EXERCISE INSTRUCTIONS: Using the records provided below, locate and copy each line that contains the word "closed".

EXTRACTED INFORMATION:
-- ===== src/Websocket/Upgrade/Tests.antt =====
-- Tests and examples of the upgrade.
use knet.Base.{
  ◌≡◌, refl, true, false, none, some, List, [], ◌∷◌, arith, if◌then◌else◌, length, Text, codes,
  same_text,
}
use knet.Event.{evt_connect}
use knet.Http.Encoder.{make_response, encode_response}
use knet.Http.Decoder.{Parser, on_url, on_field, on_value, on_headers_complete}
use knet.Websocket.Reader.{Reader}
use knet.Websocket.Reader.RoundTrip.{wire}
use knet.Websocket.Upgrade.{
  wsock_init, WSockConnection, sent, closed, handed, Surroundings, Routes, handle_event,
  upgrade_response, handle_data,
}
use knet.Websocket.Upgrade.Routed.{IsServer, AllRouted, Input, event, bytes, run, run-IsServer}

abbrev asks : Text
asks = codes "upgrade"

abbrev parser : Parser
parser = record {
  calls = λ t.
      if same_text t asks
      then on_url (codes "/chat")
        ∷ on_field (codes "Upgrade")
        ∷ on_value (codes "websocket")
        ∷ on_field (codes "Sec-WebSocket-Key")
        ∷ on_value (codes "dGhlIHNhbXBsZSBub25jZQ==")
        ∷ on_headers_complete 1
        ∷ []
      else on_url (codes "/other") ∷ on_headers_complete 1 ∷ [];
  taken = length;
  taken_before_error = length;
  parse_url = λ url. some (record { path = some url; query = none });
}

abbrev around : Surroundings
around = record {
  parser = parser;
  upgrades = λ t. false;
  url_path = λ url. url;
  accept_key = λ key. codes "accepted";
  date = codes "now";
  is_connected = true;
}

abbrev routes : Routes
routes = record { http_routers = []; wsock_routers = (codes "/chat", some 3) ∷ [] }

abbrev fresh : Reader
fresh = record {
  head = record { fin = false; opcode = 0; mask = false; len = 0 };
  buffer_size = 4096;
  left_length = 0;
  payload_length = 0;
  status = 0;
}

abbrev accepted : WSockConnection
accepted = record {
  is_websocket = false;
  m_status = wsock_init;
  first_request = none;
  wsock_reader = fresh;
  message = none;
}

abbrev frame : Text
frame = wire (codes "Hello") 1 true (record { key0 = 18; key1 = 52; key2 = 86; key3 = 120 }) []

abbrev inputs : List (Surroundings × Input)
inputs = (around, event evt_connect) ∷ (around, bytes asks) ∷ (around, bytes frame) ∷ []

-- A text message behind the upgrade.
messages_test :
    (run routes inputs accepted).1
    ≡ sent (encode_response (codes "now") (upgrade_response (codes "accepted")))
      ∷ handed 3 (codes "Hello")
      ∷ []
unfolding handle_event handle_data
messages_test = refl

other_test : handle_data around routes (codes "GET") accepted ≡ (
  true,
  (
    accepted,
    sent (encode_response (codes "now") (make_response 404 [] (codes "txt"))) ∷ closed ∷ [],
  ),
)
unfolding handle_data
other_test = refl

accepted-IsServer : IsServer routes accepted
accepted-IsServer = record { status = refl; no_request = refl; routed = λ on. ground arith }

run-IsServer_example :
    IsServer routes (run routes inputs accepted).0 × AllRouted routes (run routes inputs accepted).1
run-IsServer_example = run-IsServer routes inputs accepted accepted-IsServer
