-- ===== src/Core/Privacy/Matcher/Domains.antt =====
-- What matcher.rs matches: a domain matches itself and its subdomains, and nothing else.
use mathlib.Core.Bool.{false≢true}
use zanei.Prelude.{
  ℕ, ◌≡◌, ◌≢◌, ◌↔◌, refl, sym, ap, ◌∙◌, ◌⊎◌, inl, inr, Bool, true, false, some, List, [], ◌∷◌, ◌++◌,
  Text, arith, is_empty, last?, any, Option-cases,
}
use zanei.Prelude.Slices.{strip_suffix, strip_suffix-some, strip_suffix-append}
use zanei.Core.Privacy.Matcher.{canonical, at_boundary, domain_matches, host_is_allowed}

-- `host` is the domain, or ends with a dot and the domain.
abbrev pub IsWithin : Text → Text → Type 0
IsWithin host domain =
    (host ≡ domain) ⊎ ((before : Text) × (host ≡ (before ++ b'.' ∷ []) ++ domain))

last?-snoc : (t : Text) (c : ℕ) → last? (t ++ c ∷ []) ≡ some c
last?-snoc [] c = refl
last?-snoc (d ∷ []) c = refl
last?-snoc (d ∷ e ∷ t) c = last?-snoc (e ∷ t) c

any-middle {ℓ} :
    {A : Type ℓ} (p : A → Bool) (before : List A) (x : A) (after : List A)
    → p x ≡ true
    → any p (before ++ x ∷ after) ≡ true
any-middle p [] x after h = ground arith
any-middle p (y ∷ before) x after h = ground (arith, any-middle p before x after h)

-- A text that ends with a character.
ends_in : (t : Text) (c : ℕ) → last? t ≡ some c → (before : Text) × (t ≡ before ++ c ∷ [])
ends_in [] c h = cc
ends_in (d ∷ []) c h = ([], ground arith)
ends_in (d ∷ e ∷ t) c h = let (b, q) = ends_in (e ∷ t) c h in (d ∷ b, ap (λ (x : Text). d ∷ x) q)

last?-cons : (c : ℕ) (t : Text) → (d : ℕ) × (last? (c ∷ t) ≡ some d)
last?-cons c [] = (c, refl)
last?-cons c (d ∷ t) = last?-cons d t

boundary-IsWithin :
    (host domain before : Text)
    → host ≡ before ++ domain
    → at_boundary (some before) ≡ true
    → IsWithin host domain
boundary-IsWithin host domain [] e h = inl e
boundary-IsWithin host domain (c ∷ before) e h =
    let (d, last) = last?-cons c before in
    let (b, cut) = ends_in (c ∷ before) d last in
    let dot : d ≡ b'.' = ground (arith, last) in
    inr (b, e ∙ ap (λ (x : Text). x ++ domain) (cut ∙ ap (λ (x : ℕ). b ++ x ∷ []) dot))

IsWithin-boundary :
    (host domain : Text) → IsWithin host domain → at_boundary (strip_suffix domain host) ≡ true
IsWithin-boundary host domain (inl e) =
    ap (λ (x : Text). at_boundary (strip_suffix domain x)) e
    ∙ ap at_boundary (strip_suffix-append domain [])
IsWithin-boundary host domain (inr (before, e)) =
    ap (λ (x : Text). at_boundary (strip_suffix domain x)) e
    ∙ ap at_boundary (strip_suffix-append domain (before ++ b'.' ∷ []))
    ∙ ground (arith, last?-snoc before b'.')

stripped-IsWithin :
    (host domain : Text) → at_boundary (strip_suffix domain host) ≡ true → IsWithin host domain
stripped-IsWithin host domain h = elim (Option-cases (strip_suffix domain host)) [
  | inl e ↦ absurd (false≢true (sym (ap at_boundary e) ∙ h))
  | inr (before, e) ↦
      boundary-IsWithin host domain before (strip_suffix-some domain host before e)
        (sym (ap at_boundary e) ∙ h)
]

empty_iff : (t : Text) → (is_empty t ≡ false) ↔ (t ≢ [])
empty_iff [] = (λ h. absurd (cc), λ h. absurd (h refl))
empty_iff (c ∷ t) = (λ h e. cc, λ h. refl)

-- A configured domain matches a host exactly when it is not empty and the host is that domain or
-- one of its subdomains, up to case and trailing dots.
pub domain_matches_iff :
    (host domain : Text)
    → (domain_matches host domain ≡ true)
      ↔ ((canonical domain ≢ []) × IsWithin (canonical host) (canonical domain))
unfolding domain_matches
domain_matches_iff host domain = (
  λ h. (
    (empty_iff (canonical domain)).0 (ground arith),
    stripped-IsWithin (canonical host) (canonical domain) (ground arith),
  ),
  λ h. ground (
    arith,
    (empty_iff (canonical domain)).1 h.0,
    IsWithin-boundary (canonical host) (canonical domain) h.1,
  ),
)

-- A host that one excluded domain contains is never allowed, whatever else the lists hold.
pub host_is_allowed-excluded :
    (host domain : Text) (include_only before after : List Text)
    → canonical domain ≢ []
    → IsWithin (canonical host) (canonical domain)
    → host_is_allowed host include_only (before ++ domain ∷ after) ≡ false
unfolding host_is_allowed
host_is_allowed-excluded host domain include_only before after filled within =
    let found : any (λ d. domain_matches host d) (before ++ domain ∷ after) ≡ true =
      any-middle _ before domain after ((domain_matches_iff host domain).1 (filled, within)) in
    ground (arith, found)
==
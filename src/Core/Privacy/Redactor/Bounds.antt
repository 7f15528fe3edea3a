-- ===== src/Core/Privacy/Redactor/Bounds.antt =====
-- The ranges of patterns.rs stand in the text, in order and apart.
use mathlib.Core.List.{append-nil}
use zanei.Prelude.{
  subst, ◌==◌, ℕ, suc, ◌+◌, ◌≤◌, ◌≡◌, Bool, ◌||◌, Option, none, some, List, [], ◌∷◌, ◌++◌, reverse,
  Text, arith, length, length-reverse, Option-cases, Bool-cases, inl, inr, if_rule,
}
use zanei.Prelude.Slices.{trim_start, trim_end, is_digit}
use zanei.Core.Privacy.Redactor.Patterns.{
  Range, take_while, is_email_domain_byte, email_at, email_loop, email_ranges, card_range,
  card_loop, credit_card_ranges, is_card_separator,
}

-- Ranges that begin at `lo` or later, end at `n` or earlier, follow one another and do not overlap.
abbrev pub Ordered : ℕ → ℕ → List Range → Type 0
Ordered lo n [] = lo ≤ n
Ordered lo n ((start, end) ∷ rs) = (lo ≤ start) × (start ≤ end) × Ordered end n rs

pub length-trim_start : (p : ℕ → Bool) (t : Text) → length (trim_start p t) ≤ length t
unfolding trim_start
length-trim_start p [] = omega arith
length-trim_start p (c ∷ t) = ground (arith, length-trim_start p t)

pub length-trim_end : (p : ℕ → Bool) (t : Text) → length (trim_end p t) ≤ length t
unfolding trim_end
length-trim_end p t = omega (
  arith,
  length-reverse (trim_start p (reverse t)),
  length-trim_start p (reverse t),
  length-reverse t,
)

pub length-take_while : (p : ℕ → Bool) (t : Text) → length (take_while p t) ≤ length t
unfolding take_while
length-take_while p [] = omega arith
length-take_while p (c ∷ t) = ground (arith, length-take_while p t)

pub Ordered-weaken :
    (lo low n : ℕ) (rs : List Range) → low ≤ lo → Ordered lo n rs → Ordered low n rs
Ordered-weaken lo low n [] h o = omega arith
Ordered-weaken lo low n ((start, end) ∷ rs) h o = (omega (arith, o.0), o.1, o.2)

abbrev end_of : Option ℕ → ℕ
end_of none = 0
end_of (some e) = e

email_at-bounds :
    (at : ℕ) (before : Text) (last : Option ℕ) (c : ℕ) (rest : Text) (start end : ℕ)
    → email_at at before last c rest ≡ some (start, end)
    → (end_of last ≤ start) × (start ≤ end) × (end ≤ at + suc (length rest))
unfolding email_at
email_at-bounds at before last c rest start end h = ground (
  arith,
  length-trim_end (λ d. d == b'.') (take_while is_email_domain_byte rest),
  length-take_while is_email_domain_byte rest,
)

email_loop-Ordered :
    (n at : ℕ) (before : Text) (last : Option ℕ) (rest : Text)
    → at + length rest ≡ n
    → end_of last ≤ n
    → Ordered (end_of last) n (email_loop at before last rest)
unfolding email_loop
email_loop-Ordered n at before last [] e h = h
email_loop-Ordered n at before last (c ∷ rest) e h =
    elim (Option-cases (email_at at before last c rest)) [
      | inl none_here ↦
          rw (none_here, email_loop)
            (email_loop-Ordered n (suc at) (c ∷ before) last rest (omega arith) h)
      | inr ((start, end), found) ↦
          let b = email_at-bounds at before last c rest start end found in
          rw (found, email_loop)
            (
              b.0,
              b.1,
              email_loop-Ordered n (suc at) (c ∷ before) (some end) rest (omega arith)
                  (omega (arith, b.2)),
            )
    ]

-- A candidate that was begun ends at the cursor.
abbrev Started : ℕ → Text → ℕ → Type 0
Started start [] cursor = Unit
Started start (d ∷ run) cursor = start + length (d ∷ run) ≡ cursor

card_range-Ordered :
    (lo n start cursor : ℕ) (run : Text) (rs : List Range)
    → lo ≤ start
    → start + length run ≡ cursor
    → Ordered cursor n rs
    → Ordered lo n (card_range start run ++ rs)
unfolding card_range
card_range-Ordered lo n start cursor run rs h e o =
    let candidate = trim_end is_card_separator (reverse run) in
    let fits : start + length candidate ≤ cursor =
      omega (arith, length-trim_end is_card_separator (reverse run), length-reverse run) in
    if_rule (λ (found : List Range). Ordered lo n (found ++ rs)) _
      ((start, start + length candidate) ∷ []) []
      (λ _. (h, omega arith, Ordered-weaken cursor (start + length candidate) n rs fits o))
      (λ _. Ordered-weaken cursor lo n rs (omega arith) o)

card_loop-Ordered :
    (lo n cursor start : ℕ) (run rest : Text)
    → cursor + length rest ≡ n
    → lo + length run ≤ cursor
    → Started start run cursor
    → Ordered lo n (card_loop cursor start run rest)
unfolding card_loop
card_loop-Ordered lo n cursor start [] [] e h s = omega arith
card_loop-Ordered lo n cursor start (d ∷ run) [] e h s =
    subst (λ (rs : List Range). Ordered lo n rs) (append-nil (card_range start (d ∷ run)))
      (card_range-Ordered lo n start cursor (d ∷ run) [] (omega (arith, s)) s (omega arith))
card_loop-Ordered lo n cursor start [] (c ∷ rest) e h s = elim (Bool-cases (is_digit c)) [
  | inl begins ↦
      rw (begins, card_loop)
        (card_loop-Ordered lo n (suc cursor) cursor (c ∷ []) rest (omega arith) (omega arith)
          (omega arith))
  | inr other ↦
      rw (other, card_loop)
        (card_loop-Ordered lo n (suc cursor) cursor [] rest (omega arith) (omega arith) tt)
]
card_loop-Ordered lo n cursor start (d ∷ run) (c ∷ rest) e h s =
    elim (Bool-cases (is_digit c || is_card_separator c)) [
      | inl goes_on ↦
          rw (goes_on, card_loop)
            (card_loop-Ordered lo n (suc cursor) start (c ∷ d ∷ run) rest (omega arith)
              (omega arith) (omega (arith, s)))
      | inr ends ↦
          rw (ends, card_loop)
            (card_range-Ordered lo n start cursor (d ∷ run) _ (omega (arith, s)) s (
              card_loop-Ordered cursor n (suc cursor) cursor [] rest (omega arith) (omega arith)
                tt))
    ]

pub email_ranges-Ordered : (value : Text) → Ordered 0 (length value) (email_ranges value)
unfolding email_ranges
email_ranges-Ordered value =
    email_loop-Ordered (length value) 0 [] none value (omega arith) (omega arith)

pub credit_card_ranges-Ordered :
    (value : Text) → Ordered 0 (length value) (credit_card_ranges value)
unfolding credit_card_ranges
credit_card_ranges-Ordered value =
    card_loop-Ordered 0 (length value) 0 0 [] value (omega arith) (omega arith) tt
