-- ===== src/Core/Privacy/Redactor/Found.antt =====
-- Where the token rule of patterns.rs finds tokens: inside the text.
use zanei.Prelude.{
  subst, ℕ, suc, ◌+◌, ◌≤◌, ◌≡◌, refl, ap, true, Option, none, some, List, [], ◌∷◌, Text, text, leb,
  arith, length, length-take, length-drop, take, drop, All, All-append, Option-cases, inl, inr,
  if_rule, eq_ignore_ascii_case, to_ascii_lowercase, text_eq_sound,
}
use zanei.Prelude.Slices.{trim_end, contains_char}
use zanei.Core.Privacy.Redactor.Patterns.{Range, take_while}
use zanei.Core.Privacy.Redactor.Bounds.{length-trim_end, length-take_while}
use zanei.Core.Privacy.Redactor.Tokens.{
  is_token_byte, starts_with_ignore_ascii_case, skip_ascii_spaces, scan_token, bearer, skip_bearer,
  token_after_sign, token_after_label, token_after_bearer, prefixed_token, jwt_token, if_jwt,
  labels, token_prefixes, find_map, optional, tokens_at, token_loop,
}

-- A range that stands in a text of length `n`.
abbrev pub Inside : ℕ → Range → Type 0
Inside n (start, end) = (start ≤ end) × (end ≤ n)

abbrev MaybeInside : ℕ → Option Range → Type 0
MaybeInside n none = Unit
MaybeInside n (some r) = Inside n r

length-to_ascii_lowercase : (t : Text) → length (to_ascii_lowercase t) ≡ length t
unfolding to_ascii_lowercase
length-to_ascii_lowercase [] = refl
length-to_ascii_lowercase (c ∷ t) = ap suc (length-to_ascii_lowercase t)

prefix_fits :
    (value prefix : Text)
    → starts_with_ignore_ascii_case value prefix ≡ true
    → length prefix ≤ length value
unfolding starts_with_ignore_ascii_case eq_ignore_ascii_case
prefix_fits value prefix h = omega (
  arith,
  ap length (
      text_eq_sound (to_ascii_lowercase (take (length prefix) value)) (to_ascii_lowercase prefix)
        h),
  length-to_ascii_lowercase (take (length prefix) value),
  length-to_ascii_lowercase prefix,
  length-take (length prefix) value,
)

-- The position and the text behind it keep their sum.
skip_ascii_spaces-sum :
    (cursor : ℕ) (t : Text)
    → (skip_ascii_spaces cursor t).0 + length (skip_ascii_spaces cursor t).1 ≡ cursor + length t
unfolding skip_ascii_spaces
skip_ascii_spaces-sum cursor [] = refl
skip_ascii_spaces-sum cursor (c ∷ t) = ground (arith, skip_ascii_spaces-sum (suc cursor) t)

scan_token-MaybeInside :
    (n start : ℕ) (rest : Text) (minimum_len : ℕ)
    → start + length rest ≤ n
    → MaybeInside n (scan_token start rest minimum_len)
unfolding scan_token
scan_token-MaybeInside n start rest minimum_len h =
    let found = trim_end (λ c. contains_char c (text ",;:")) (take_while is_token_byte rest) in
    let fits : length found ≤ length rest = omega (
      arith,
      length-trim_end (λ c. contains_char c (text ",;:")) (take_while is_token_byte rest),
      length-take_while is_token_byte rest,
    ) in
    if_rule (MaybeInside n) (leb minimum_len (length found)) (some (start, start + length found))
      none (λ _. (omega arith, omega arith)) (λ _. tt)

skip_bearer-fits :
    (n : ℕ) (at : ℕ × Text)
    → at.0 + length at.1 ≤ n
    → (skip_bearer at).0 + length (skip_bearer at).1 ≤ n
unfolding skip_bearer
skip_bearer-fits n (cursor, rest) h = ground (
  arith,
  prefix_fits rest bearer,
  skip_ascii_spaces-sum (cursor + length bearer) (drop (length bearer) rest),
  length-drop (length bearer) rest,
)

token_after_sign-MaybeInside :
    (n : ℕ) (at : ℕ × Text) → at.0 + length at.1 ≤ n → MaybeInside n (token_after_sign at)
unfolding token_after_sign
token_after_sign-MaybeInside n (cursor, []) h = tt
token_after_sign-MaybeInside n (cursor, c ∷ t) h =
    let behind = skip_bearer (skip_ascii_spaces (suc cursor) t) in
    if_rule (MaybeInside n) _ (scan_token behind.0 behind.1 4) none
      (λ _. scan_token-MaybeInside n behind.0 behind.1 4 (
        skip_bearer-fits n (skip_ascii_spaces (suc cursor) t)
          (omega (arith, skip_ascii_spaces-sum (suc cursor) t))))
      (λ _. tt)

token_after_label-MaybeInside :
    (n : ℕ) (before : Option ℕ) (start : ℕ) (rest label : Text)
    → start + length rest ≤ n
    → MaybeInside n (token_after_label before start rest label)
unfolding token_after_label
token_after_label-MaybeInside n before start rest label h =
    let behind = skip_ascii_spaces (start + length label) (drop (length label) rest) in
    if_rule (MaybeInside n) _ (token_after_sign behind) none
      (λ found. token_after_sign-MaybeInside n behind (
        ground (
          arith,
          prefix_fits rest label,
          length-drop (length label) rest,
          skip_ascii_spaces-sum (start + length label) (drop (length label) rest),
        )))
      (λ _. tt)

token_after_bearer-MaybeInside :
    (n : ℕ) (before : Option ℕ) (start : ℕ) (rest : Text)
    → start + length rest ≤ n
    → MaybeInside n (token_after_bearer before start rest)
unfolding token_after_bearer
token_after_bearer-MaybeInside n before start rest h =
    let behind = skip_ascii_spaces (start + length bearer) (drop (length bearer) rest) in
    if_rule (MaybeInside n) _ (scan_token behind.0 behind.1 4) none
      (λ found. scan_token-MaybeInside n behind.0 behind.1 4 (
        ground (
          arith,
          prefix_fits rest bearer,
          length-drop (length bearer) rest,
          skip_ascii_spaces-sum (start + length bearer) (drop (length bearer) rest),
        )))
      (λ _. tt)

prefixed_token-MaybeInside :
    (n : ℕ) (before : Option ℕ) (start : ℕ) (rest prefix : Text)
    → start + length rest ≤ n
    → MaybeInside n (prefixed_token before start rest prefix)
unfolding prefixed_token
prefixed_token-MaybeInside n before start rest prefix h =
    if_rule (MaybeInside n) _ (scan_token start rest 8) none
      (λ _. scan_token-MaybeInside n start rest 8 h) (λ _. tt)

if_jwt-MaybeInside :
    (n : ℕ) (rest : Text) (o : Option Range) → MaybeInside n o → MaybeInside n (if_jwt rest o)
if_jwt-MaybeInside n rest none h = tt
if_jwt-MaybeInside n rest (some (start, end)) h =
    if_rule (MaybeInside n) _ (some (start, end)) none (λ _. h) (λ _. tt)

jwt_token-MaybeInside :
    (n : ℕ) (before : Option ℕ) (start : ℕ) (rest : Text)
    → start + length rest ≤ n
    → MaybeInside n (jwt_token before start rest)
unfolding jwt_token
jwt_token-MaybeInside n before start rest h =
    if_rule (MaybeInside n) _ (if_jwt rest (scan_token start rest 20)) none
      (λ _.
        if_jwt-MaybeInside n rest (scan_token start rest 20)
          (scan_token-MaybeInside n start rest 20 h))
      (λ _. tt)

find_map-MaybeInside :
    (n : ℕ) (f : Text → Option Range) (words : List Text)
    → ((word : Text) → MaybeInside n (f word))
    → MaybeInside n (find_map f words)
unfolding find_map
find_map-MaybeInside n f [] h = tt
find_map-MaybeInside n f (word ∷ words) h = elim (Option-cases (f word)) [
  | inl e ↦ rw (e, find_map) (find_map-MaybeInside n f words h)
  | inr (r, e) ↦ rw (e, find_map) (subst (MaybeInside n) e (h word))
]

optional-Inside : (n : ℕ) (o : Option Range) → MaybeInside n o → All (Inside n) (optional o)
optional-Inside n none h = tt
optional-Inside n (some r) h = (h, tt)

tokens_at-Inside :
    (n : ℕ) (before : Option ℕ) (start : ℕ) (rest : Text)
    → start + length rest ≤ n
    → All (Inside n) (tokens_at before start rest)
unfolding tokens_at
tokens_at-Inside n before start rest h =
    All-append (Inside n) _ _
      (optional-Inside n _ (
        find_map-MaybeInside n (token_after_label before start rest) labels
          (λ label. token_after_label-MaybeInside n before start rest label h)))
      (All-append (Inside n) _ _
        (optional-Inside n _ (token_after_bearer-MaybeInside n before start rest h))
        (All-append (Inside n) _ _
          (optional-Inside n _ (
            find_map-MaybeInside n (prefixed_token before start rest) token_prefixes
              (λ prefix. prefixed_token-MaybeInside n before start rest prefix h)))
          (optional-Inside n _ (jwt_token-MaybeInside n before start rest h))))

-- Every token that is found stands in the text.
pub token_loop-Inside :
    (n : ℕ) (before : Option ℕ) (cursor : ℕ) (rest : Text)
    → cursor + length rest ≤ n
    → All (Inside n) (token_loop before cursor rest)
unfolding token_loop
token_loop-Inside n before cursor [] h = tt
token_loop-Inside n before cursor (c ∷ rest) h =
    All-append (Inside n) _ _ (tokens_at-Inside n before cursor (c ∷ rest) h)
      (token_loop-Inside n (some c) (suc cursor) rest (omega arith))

ANSWER TO THIS PROBLEM:
  wsock_init, WSockConnection, sent, closed, handed, Surroundings, Routes, handle_event,
    sent (encode_response (codes "now") (make_response 404 [] (codes "txt"))) ∷ closed ∷ [],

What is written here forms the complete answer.